**What you should do:**
For the material that follows, return exactly the lines from the one with "Framed-value_command x s" through the one with "unfolding write_discrete", both ends included.
::: The data
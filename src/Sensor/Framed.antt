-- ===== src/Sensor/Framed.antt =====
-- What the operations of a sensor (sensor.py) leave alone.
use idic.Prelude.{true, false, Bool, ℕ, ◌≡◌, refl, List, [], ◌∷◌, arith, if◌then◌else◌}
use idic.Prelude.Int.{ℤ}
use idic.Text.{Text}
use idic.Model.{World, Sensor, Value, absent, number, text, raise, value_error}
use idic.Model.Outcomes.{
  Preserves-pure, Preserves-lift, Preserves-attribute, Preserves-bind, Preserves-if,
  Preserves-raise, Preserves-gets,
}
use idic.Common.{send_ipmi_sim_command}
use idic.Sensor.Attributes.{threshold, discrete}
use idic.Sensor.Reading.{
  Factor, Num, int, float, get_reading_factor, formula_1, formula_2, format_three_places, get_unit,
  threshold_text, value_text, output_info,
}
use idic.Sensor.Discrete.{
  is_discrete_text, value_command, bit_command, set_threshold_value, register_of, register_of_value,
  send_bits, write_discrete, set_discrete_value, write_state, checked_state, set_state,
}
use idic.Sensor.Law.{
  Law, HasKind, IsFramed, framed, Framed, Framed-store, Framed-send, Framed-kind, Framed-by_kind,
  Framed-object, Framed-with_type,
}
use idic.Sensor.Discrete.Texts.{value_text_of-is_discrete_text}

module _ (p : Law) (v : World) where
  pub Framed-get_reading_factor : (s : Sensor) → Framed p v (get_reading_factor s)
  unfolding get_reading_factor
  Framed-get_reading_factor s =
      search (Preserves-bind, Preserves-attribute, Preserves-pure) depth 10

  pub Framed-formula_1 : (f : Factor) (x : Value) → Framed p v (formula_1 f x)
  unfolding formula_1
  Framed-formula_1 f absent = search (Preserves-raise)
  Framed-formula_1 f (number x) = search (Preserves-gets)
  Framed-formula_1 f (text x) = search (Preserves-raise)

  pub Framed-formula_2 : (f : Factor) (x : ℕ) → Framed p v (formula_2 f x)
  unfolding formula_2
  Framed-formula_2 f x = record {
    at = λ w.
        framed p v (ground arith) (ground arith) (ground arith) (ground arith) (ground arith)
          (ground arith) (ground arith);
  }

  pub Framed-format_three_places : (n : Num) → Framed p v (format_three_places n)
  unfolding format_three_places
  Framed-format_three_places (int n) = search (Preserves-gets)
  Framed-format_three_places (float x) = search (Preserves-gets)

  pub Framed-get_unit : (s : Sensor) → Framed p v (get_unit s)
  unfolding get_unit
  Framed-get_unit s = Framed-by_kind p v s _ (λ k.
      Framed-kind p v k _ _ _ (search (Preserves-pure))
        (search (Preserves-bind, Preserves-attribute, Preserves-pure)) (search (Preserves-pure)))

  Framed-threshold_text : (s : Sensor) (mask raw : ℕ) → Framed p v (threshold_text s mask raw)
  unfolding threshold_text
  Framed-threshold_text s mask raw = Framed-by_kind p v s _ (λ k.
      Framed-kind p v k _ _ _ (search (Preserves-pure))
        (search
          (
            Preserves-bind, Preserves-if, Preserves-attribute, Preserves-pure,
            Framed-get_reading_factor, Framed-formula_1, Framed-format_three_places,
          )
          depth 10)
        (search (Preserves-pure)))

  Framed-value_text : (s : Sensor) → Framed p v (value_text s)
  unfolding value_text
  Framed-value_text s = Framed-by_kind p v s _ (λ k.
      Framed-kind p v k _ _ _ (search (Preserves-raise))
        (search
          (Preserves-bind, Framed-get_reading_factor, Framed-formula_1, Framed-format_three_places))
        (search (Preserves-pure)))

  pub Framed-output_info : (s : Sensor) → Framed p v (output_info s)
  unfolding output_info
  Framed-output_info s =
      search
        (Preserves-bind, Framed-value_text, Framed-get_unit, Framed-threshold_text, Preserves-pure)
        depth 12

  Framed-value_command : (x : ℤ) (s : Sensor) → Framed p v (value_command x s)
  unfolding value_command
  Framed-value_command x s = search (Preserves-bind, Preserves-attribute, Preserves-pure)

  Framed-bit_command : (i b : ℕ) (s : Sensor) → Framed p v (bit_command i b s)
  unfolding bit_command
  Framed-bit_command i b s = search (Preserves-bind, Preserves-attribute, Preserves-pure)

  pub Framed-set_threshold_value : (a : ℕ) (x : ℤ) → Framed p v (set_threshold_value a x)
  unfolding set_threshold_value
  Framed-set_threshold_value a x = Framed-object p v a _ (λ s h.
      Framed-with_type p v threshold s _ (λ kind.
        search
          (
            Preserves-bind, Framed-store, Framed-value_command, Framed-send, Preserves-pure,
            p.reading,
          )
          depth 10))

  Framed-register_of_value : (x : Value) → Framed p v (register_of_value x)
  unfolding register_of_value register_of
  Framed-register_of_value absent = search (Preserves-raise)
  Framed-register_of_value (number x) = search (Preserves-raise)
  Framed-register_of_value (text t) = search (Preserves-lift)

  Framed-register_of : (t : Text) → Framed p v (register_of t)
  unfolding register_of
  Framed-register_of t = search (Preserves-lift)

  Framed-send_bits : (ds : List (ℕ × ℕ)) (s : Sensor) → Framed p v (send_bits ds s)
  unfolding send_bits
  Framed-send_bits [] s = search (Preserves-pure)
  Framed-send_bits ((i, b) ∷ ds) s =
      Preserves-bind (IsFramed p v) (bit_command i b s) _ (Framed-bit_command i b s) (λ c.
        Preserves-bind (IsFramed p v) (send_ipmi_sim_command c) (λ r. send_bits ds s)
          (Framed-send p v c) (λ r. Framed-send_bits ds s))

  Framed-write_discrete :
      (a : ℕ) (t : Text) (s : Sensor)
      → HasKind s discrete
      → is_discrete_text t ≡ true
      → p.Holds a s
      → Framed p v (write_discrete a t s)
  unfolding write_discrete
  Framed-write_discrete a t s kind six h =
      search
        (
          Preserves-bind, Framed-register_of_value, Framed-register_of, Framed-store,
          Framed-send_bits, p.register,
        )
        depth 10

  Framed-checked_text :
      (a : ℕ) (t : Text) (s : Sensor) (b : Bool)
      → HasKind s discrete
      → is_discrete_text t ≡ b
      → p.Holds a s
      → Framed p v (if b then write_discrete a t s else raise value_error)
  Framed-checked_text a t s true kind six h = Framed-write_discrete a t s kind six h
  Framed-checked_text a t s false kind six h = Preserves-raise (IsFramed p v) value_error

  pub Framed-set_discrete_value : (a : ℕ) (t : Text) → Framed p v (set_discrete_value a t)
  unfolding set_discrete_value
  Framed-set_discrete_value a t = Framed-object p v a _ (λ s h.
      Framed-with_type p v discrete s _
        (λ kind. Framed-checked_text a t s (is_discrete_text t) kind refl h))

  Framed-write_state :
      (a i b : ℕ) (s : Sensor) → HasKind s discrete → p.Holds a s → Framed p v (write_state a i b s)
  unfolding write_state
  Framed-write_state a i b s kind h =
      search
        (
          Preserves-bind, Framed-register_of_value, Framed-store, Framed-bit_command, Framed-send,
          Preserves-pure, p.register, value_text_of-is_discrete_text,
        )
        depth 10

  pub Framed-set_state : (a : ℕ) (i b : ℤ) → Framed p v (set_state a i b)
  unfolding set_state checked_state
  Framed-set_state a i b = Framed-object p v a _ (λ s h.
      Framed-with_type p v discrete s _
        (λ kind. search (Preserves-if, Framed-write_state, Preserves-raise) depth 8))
::::::
**Output of the exercise:**
  Framed-value_command x s = search (Preserves-bind, Preserves-attribute, Preserves-pure)

  Framed-bit_command : (i b : ℕ) (s : Sensor) → Framed p v (bit_command i b s)
  unfolding bit_command
  Framed-bit_command i b s = search (Preserves-bind, Preserves-attribute, Preserves-pure)

  pub Framed-set_threshold_value : (a : ℕ) (x : ℤ) → Framed p v (set_threshold_value a x)
  unfolding set_threshold_value
  Framed-set_threshold_value a x = Framed-object p v a _ (λ s h.
      Framed-with_type p v threshold s _ (λ kind.
        search
          (
            Preserves-bind, Framed-store, Framed-value_command, Framed-send, Preserves-pure,
            p.reading,
          )
          depth 10))

  Framed-register_of_value : (x : Value) → Framed p v (register_of_value x)
  unfolding register_of_value register_of
  Framed-register_of_value absent = search (Preserves-raise)
  Framed-register_of_value (number x) = search (Preserves-raise)
  Framed-register_of_value (text t) = search (Preserves-lift)

  Framed-register_of : (t : Text) → Framed p v (register_of t)
  unfolding register_of
  Framed-register_of t = search (Preserves-lift)

  Framed-send_bits : (ds : List (ℕ × ℕ)) (s : Sensor) → Framed p v (send_bits ds s)
  unfolding send_bits
  Framed-send_bits [] s = search (Preserves-pure)
  Framed-send_bits ((i, b) ∷ ds) s =
      Preserves-bind (IsFramed p v) (bit_command i b s) _ (Framed-bit_command i b s) (λ c.
        Preserves-bind (IsFramed p v) (send_ipmi_sim_command c) (λ r. send_bits ds s)
          (Framed-send p v c) (λ r. Framed-send_bits ds s))

  Framed-write_discrete :
      (a : ℕ) (t : Text) (s : Sensor)
      → HasKind s discrete
      → is_discrete_text t ≡ true
      → p.Holds a s
      → Framed p v (write_discrete a t s)
  unfolding write_discrete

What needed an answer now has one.